Tuesday, March 29, 2016

Mr Hiroshi Nakaso, you are wrong! You and your colleagues, so irresponsibly, changed the nature of our banks.


In it he said: “Joseph Alois Schumpeter, in his seminal “The Theory of Economic Development” stresses the important role played by the “banker”, as well as that of the “entrepreneur”. The banker profits from her ability to identify those entrepreneurs who develop truly innovative undertakings that are high-quality startups, and from generating information that leads to improved corporate performance. Schumpeter expects that such profit motives of the banker backed up by her exceptional ability to pick winners would bring about a more efficient reallocation of risks in the macro economy and lead to an endogenous rise in the economic growth rate.

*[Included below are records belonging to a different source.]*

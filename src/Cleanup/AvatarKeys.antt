-- ===== src/Cleanup/AvatarKeys.antt =====
-- The key of an avatar and the key of its object. The keys of avatars
-- are those that `build_avatar_key` of src/modules/user/service.rs makes.
use Prim.Native.Char.{Char, code}
use Prim.Native.String.{[] as empty_text, ◌∷◌ as text_cons, ◌++◌ as text_append}
use Prim.Native.String.append.{nil as append_nil, cons as append_cons}
use cqwu_achievement_system.Prelude.{
  ◌≡◌, refl, sym, ap, ◌∙◌, true, false, String, none, some, arith, eq→==,
}
use cqwu_achievement_system.Access.Pattern.{starts_with}
use cqwu_achievement_system.Cleanup.{
  without_extension, no_dot_or_slash, is_extension, object_key_of_avatar, strip_prefix, of_name,
  shortened,
}

-- A text without a dot has no extension.
without_extension-none :
    (text : String) → no_dot_or_slash text ≡ true → without_extension text ≡ none
unfolding without_extension no_dot_or_slash
without_extension-none empty_text h = refl
without_extension-none (text_cons c text) h = ground (arith, without_extension-none text)

without_extension-append :
    (name ext : String)
    → is_extension ext ≡ true
    → without_extension (text_append name (text_cons "." ext)) ≡ some name
unfolding without_extension
without_extension-append empty_text empty_text h = absurd (ground arith)
without_extension-append empty_text (text_cons c ext) h =
    ap without_extension (append_nil (text_cons "." (text_cons c ext)))
    ∙ rw (without_extension-none (text_cons c ext) h) (rw h refl)
without_extension-append (text_cons c name) ext h =
    ap without_extension (append_cons c name (text_cons "." ext))
    ∙ rw (without_extension-append name ext h) refl

pub append_assoc :
    (s t u : String) → text_append (text_append s t) u ≡ text_append s (text_append t u)
append_assoc empty_text t u =
    ap (λ x. text_append x u) (append_nil t) ∙ sym (append_nil (text_append t u))
append_assoc (text_cons c s) t u =
    ap (λ x. text_append x u) (append_cons c s t)
    ∙ (append_cons c (text_append s t) u
        ∙ (ap (λ x. text_cons c x) (append_assoc s t u) ∙ sym (append_cons c s (text_append t u))))

strip_prefix-append : (p t : String) → strip_prefix p (text_append p t) ≡ some t
unfolding strip_prefix
strip_prefix-append empty_text t = ap some (append_nil t)
strip_prefix-append (text_cons c p) t =
    ap (strip_prefix (text_cons c p)) (append_cons c p t)
    ∙ rw (eq→== (code c) (code c) refl) (strip_prefix-append p t)

-- The key of an avatar, without its extension, is the key of its object.
pub object_key_of_avatar-build :
    (c : Char) (id ext : String)
    → is_extension ext ≡ true
    → object_key_of_avatar
        (text_append (text_append "avatar/" (text_cons c id)) (text_cons "." ext))
      ≡ text_append "avatar/" (text_cons c id)
unfolding object_key_of_avatar of_name
object_key_of_avatar-build c id ext h =
    let key = text_append "avatar/" (text_append (text_cons c id) (text_cons "." ext)) in
    ap object_key_of_avatar (append_assoc "avatar/" (text_cons c id) (text_cons "." ext))
    ∙ (ap (of_name key)
          (strip_prefix-append "avatar/" (text_append (text_cons c id) (text_cons "." ext)))
        ∙ ap (shortened key) (without_extension-append (text_cons c id) ext h))

pub starts_with-append : (p t : String) → starts_with p (text_append p t) ≡ true
unfolding starts_with
starts_with-append empty_text t = refl
starts_with-append (text_cons c p) t =
    ap (starts_with (text_cons c p)) (append_cons c p t)
    ∙ rw (eq→== (code c) (code c) refl) (starts_with-append p t)

-- No key begins with both prefixes.
pub one_prefix :
    (key : String) → starts_with "archive/" key ≡ true → starts_with "avatar/" key ≡ false
unfolding starts_with
one_prefix empty_text h = ground arith
one_prefix (text_cons c empty_text) h = ground arith
one_prefix (text_cons c (text_cons d text)) h = ground arith
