-- ===== src/Storage/Persistence.antt =====
-- What a bulk deletion leaves alone, whether it returns a report or not.
use cqwu_achievement_system.Prelude.{
  ◌≡◌, sym, subst, ◌⊎◌, inl, inr, Bool, String, List, [], ◌∷◌, arith,
}
use cqwu_achievement_system.Effect.{Result, ok, err, continue, Result-cases}
use cqwu_achievement_system.Storage.{
  StorageError, DeleteObjectFailure, DeleteObjectsReport, Client, identifiers, delete_chunk,
  delete_chunks, delete_objects_with_report, report_default, chunks,
}
use cqwu_achievement_system.Storage.Report.{Accounts, identifiers_ok}

module _ {S : Type 0} (client : Client S) where
  -- A chunk changes nothing, or what the one request for it changes.
  pub delete_chunk_state :
      (report : DeleteObjectsReport) (chunk : List String) (s : S)
      → ((delete_chunk client report chunk s).1 ≡ s)
        ⊎ ((delete_chunk client report chunk s).1 ≡ (client.delete_objects chunk s).1)
  unfolding delete_chunk
  delete_chunk_state report chunk s = elim (Result-cases (identifiers client.refused chunk)) [
    | inl (os, p) ↦ elim (Result-cases (client.delete_objects os s).0) [
      | inl (out, q) ↦ inr (ground (arith, identifiers_ok client.refused chunk os p))
      | inr (x, q) ↦ inr (ground (arith, identifiers_ok client.refused chunk os p))
    ]
    | inr (x, p) ↦ inl (ground arith)
  ]

module _ {S : Type 0} (client : Client S) (test : DeleteObjectFailure → Bool)
    (Settled : S → String → Type 0) (accounts : Accounts client test Settled) where
  persists-delete_chunk :
      (report : DeleteObjectsReport) (chunk : List String) (s : S) (k : String)
      → Settled s k
      → Settled (delete_chunk client report chunk s).1 k
  persists-delete_chunk report chunk s k h = elim (delete_chunk_state client report chunk s) [
    | inl e ↦ subst (λ t. Settled t k) (sym e) h
    | inr e ↦ subst (λ t. Settled t k) (sym e) (accounts.persists chunk s k h)
  ]

  persists-delete_chunks :
      (cs : List (List String)) (report : DeleteObjectsReport) (s : S) (k : String)
      → Settled s k
      → Settled (delete_chunks client report cs s).1 k
  unfolding delete_chunks
  persists-delete_chunks [] report s k h = h
  persists-delete_chunks (c ∷ cs) report s k h =
      rest (delete_chunk client report c s) (persists-delete_chunk report c s k h)
        (λ q u g. persists-delete_chunks cs q u k g)
    where
      rest :
          (p : Result StorageError DeleteObjectsReport × S)
          → Settled p.1 k
          → ((q : DeleteObjectsReport) (u : S)
              → Settled u k
              → Settled (delete_chunks client q cs u).1 k)
          → Settled (continue (λ q. delete_chunks client q cs) p).1 k
      rest (ok q, u) g more = more q u g
      rest (err x, u) g more = g

  pub persists-delete_objects_with_report :
      (keys : List String) (s : S) (k : String)
      → Settled s k
      → Settled (delete_objects_with_report client keys s).1 k
  unfolding delete_objects_with_report
  persists-delete_objects_with_report [] s k h = h
  persists-delete_objects_with_report (x ∷ xs) s k h =
      persists-delete_chunks (chunks 1000 (x ∷ xs)) report_default s k h
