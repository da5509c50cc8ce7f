-- ===== src/Storage/Untouched.antt =====
-- What a bulk deletion leaves to the objects that it does not name.
use cqwu_achievement_system.Prelude.{
  ◌≡◌, sym, subst, ap, ◌∙◌, inl, inr, Bool, false, String, List, [], ◌∷◌, ◌++◌, refl, any, str_eq,
  arith,
}
use cqwu_achievement_system.Effect.{Preserves, >>=-Preserves}
use cqwu_achievement_system.Storage.{
  DeleteObjectFailure, DeleteObjectsReport, Client, delete_chunk, delete_chunks,
  delete_objects_with_report, delete_objects, on_failures, report_default, chunks,
}
use cqwu_achievement_system.Storage.Chunks.{concat, concat-chunks}
use cqwu_achievement_system.Storage.Persistence.{delete_chunk_state}

pub any_append_left :
    {A : Type 0} (p : A → Bool) (xs ys : List A) → any p (xs ++ ys) ≡ false → any p xs ≡ false
any_append_left p [] ys h = ground arith
any_append_left p (x ∷ xs) ys h = ground (arith, any_append_left p xs ys)

pub any_append_right :
    {A : Type 0} (p : A → Bool) (xs ys : List A) → any p (xs ++ ys) ≡ false → any p ys ≡ false
any_append_right p [] ys h = h
any_append_right p (x ∷ xs) ys h = any_append_right p xs ys (ground arith)

module _ {S : Type 0} (client : Client S) (key : String) (Holds : S → Type 0)
    (leaves : (keys : List String) (s : S)
      → any (str_eq key) keys ≡ false
      → Holds s
      → Holds (client.delete_objects keys s).1) where
  delete_chunk-Preserves :
      (report : DeleteObjectsReport) (chunk : List String)
      → any (str_eq key) chunk ≡ false
      → Preserves Holds (delete_chunk client report chunk)
  delete_chunk-Preserves report chunk h s c = elim (delete_chunk_state client report chunk s) [
    | inl e ↦ subst Holds (sym e) c
    | inr e ↦ subst Holds (sym e) (leaves chunk s h c)
  ]

  delete_chunks-Preserves :
      (cs : List (List String)) (report : DeleteObjectsReport)
      → any (str_eq key) (concat cs) ≡ false
      → Preserves Holds (delete_chunks client report cs)
  unfolding delete_chunks concat
  delete_chunks-Preserves [] report h = λ s c. c
  delete_chunks-Preserves (c ∷ cs) report h =
      >>=-Preserves Holds (delete_chunk client report c) _
        (delete_chunk-Preserves report c (any_append_left _ c (concat cs) h))
        λ q. delete_chunks-Preserves cs q (any_append_right _ c (concat cs) h)

  with_report-Preserves :
      (keys : List String)
      → any (str_eq key) keys ≡ false
      → Preserves Holds (delete_objects_with_report client keys)
  unfolding delete_objects_with_report
  with_report-Preserves [] h = λ s c. c
  with_report-Preserves (k ∷ ks) h =
      delete_chunks-Preserves (chunks 1000 (k ∷ ks)) report_default
        (ap (any (str_eq key)) (concat-chunks 999 (k ∷ ks)) ∙ h)

  on_failures-Preserves :
      (report : DeleteObjectsReport) → Preserves Holds (on_failures client report)
  on_failures-Preserves report = by_failures report.failed report refl
    where
      by_failures :
          (fs : List DeleteObjectFailure) (r : DeleteObjectsReport)
          → r.failed ≡ fs
          → Preserves Holds (on_failures client r)
      by_failures [] r e s c = rw e c
      by_failures (f ∷ fs) r e s c = rw e c

  pub delete_objects-Preserves :
      (keys : List String)
      → any (str_eq key) keys ≡ false
      → Preserves Holds (delete_objects client keys)
  unfolding delete_objects
  delete_objects-Preserves keys h =
      >>=-Preserves Holds (delete_objects_with_report client keys) _ (with_report-Preserves keys h)
        on_failures-Preserves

This role of the banker- promoting the creative destruction through financial intermediation – has not changed since the time of Schumpeter.”

You are so wrong Mr Nakaso! You and your colleagues have changed the role of the banker.

With your risk weighted capital requirements for banks, which allow banks to leverage more their equity with what is perceived safe than with what is perceived risky; and thereby be able to obtain higher expected risk-adjusted returns on equity when financing what’s “safe” than when financing what’s “risky”, have certainly changed the role of the banker.

Nowadays his role, as you and you colleagues have seen it fit, is simply to avoid taking credit risks.

If you do not believe me look at the following authorized bank equity leverages in Basel II. (The risk weights in Basel III remains the same)

When lending to prime sovereigns, the sky is the limit. 
When lending to the AAArisktocracy 62.5 times to 1.
When financing residential housing 35.7 times to 1
And when lending to risky unrated SMEs and entreprenuers, only 12.5 times to 1

And that Mr Nakaso, is why banks do not any longer finance the riskier future, they just refinance the, for the very short time being, safer past.

The next generations will hold you and your colleagues accountable for this regulatory atrocity.